• Material for this exercise:
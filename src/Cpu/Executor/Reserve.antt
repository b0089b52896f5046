-- ===== src/Cpu/Executor/Reserve.antt =====
-- SC after LR.
use rv64_emulator.Common.{
  ℕ, ◌⊎◌, Option-cases, ==_iff, ◌%◌, ◌≡◌, ◌≢◌, refl, sym, ap, ◌∙◌, arith, inl, inr, true, false,
  ◌==◌, Option, none, some, List, le_bytes, of_le_bytes, Bool-cases,
}
use rv64_emulator.Device.Mmio.{MmioDevice}
use rv64_emulator.Cpu.Trap.{Trap, none_trap, load_address_misaligned}
use rv64_emulator.Cpu.Mmu.Access.{Reply, ok, trapped}
use rv64_emulator.Cpu.Mmu.Access
use rv64_emulator.Cpu.Mmu.Sv39.{Sv39}
use rv64_emulator.Cpu.Csr.State.{update}
use mathlib.Core.Path.{subst}
use rv64_emulator.Cpu.Decode.Info.{DecodeInfo}
use rv64_emulator.Cpu.Hart.{AmoReservation, Cpu, set_xreg}
use rv64_emulator.Cpu.Hart
use rv64_emulator.Cpu.Executor.Value.{ill_trap}
use rv64_emulator.Cpu.Executor.Atomic.{amo_lr_exec, amo_sc_exec, lr_value, reservation_matches}

same_result :
    {C : Type 0} {t t' : Trap} {a b : C}
    → ◌≡◌ {A = Option (Trap × C)} (some (t, a)) (some (t', b))
    → a ≡ b
same_result e = cc

not_none_misaligned :
    {C : Type 0} {val : ℕ} {a b : C}
    → ◌≡◌ {A = Option (Trap × C)}
        (some (record { type = load_address_misaligned; val = val }, a))
        (some (none_trap, b))
    → ⊥
not_none_misaligned e = cc

not_none_illegal :
    {C : Type 0} {val : ℕ} {a b : C}
    → ◌≡◌ {A = Option (Trap × C)} (some (ill_trap val, a)) (some (none_trap, b))
    → ⊥
not_none_illegal e = cc

-- The hart holds a reservation.
record Reserves {B : Type 0} (c : Cpu B) (addr size : ℕ) : Type 0 where
  pub at_addr : c.reservation.addr ≡ addr
  pub of_size : c.reservation.size ≡ size
  pub is_valid : c.reservation.valid ≡ 1
  pub by_hart : c.reservation.hart_id ≡ c.hart_id

module _ {B : Type 0} (m : MmioDevice B) where
  abbrev with_mmu : Cpu B → Sv39 B → Cpu B
  with_mmu c mmu = record c { mmu = mmu }

  -- An access of the hart changes the memory management unit alone.
  load_frame :
      (c : Cpu B) (addr n : ℕ)
      → (Hart.load m c addr n ≡ none)
        ⊎ ((r : Reply (List ℕ)) × (mmu : Sv39 B) × (Hart.load m c addr n
              ≡ some (r, with_mmu c mmu)))
  unfolding Hart.load
  load_frame c addr n = elim (Option-cases (Access.load m c.priv_mode c.state c.mmu addr n)) [
    | inl e ↦ inl (rw (Hart.load, e) refl)
    | inr ((r, mmu), e) ↦ inr (r, mmu, rw (Hart.load, e) refl)
  ]

  store_frame :
      (c : Cpu B) (addr n : ℕ) (buf : List ℕ)
      → (Hart.store m c addr n buf ≡ none)
        ⊎ ((r : Reply (Unit {0})) × (mmu : Sv39 B) × (Hart.store m c addr n buf
              ≡ some (r, with_mmu c mmu)))
  unfolding Hart.store
  store_frame c addr n buf =
      elim (Option-cases (Access.store m c.priv_mode c.state c.mmu addr n buf)) [
        | inl e ↦ inl (rw (Hart.store, e) refl)
        | inr ((r, mmu), e) ↦ inr (r, mmu, rw (Hart.store, e) refl)
      ]

  -- The reservation that LR makes.
  abbrev reserve : Cpu B → DecodeInfo → Cpu B
  reserve c info = record c {
    reservation = record {
      addr = c.xregs info.rs1;
      size = info.mem_size;
      valid = 1;
      hart_id = c.hart_id;
    };
  }

  -- LR that raises no trap.
  lr_reserves :
      (c c1 : Cpu B) (info : DecodeInfo)
      → amo_lr_exec m c info ≡ some (none_trap, c1)
      → (c.xregs info.rs1 % info.mem_size ≡ 0)
        × ((mmu : Sv39 B) × (x : ℕ) × ((set_xreg (with_mmu (reserve c info) mmu) info.rd x ≡ c1)
              ⊎ (with_mmu (reserve c info) mmu ≡ c1)))
  unfolding amo_lr_exec
  lr_reserves c c1 info e = elim (Bool-cases (c.xregs info.rs2 == 0)) [
    | inl zero ↦ elim (Bool-cases (c.xregs info.rs1 % info.mem_size == 0)) [
      | inl even ↦ elim (load_frame (reserve c info) (c.xregs info.rs1) info.mem_size) [
        | inl f ↦ let is : amo_lr_exec m c info ≡ none = rw (amo_lr_exec, zero, even, f) refl in cc
        | inr (ok bytes, mmu, f) ↦
            let is : amo_lr_exec m c info
                ≡ some (
                  none_trap,
                  set_xreg (with_mmu (reserve c info) mmu) info.rd
                      (lr_value info.token (of_le_bytes bytes)),
                ) =
              rw (amo_lr_exec, zero, even, f) refl in
            ((==_iff _ _).0 even, (mmu, _, inl (same_result (sym is ∙ e))))
        | inr (trapped t, mmu, f) ↦
            let is : amo_lr_exec m c info ≡ some (t, with_mmu (reserve c info) mmu) =
              rw (amo_lr_exec, zero, even, f) refl in
            ((==_iff _ _).0 even, (mmu, 0, inr (same_result (sym is ∙ e))))
      ]
      | inr odd ↦
          let is : amo_lr_exec m c info
              ≡ some (record { type = load_address_misaligned; val = info.pc }, c) =
            rw (amo_lr_exec, zero, odd) refl in
          absurd (not_none_misaligned (sym is ∙ e))
    ]
    | inr nonzero ↦
        let is : amo_lr_exec m c info ≡ some (ill_trap info.word, c) =
          rw (amo_lr_exec, nonzero) refl in
        absurd (not_none_illegal (sym is ∙ e))
  ]

  -- SC that finds its reservation: it is given up, and the store decides.
  abbrev given_up : Cpu B → Cpu B
  given_up c = record c { reservation = record (c.reservation) { valid = 0 } }

  abbrev pub sc_store : Cpu B → DecodeInfo → Option (Trap × Cpu B)
  sc_store c info =
      elim (Hart.store m (given_up c) (c.xregs info.rs1) info.mem_size
        (le_bytes 8 (c.xregs info.rs2))) [
          | none ↦ none
          | some (trapped t, c1) ↦ some (t, c1)
          | some (ok u, c1) ↦ some (none_trap, set_xreg c1 info.rd 0)
        ]

  sc_succeeds :
      (c : Cpu B) (info : DecodeInfo)
      → c.xregs info.rs1 % info.mem_size ≡ 0
      → Reserves c (c.xregs info.rs1) info.mem_size
      → amo_sc_exec m c info ≡ sc_store c info
  unfolding amo_sc_exec reservation_matches
  sc_succeeds c info even r = rw (amo_sc_exec, (==_iff _ _).1 even, yes) refl
    where
      yes : reservation_matches c.reservation (c.xregs info.rs1) info.mem_size c.hart_id ≡ true
      yes = ground (arith, r.at_addr, r.of_size, r.is_valid, r.by_hart)

  sc_fails :
      (c : Cpu B) (info : DecodeInfo)
      → c.xregs info.rs1 % info.mem_size ≡ 0
      → c.reservation.valid ≡ 0
      → amo_sc_exec m c info ≡ some (none_trap, set_xreg c info.rd 1)
  unfolding amo_sc_exec reservation_matches
  sc_fails c info even r = elim (Bool-cases (c.reservation.hart_id == c.hart_id)) [
    | inl e ↦
        rw (amo_sc_exec, (==_iff _ _).1 even, no, e)
          (ap
            (λ v. some (
              none_trap,
              set_xreg (record c { reservation = record (c.reservation) { valid = v } }) info.rd 1,
            ))
            (sym r))
    | inr e ↦ rw (amo_sc_exec, (==_iff _ _).1 even, no, e) refl
  ]
    where
      no : reservation_matches c.reservation (c.xregs info.rs1) info.mem_size c.hart_id ≡ false
      no = ground (arith, r)

  -- Whatever the store does, the reservation is gone.
  sc_store_gives_up :
      (c c2 : Cpu B) (info : DecodeInfo) (t : Trap)
      → sc_store c info ≡ some (t, c2)
      → c2.reservation.valid ≡ 0
  sc_store_gives_up c c2 info t e =
      elim (store_frame (given_up c) (c.xregs info.rs1) info.mem_size
        (le_bytes 8 (c.xregs info.rs2))) [
          | inl f ↦ let is : sc_store c info ≡ none = rw (sc_store, f) refl in cc
          | inr (ok u, mmu, f) ↦
              let is : sc_store c info
                  ≡ some (none_trap, set_xreg (with_mmu (given_up c) mmu) info.rd 0) =
                rw (sc_store, f) refl in
              ap (λ (x : Cpu B). x.reservation.valid) (same_result (sym e ∙ is))
          | inr (trapped t', mmu, f) ↦
              let is : sc_store c info ≡ some (t', with_mmu (given_up c) mmu) =
                rw (sc_store, f) refl in
              ap (λ (x : Cpu B). x.reservation.valid) (same_result (sym e ∙ is))
        ]

  -- SC at the bytes that an LR just reserved.
  reserved_after :
      (c c1 : Cpu B) (lr sc : DecodeInfo)
      → amo_lr_exec m c lr ≡ some (none_trap, c1)
      → sc.rs1 ≡ lr.rs1
      → sc.mem_size ≡ lr.mem_size
      → lr.rd ≢ lr.rs1
      → (c1.xregs sc.rs1 % sc.mem_size ≡ 0) × Reserves c1 (c1.xregs sc.rs1) sc.mem_size
  reserved_after c c1 lr sc e same size other =
      let (even, (mmu, x, is)) = lr_reserves c c1 lr e in
      elim is [
        | inl is ↦
            subst
              (λ d. (d.xregs sc.rs1 % sc.mem_size ≡ 0) × Reserves d (d.xregs sc.rs1) sc.mem_size) is
              (rw (same, size, kept x)
                (even, record { at_addr = refl; of_size = refl; is_valid = refl; by_hart = refl }))
        | inr is ↦
            subst
              (λ d. (d.xregs sc.rs1 % sc.mem_size ≡ 0) × Reserves d (d.xregs sc.rs1) sc.mem_size) is
              (rw (same, size)
                (even, record { at_addr = refl; of_size = refl; is_valid = refl; by_hart = refl }))
      ]
    where
      kept : (x : ℕ) → update c.xregs lr.rd x lr.rs1 ≡ c.xregs lr.rs1
      kept x = ground arith

-- SC after an LR of the same address and width that raised no trap and did not overwrite its address:
-- SC is not refused, and its store decides the outcome; and when the SC has ended in any way, a
-- further SC to an aligned address fails, writes 1 to its rd and changes nothing else.
pub amo_sc_exec-amo_lr_exec :
    {B : Type 0} (m : MmioDevice B) (c c1 c2 : Cpu B) (lr sc again : DecodeInfo) (t : Trap)
    → amo_lr_exec m c lr ≡ some (none_trap, c1)
    → sc.rs1 ≡ lr.rs1
    → sc.mem_size ≡ lr.mem_size
    → lr.rd ≢ lr.rs1
    → amo_sc_exec m c1 sc ≡ some (t, c2)
    → c2.xregs again.rs1 % again.mem_size ≡ 0
    → (amo_sc_exec m c1 sc ≡ sc_store m c1 sc)
      × (amo_sc_exec m c2 again ≡ some (none_trap, set_xreg c2 again.rd 1))
amo_sc_exec-amo_lr_exec m c c1 c2 lr sc again t e same size other done even =
    let (at, held) = reserved_after m c c1 lr sc e same size other in
    let is : amo_sc_exec m c1 sc ≡ sc_store m c1 sc = sc_succeeds m c1 sc at held in
    (is, sc_fails m c2 again even (sc_store_gives_up m c1 c2 sc t (sym is ∙ done)))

• How to complete this task:
All lines holding the word "arith" must be found in the listing and copied.

• Task result:
  ℕ, ◌⊎◌, Option-cases, ==_iff, ◌%◌, ◌≡◌, ◌≢◌, refl, sym, ap, ◌∙◌, arith, inl, inr, true, false,
      yes = ground (arith, r.at_addr, r.of_size, r.is_valid, r.by_hart)
      no = ground (arith, r)
      kept x = ground arith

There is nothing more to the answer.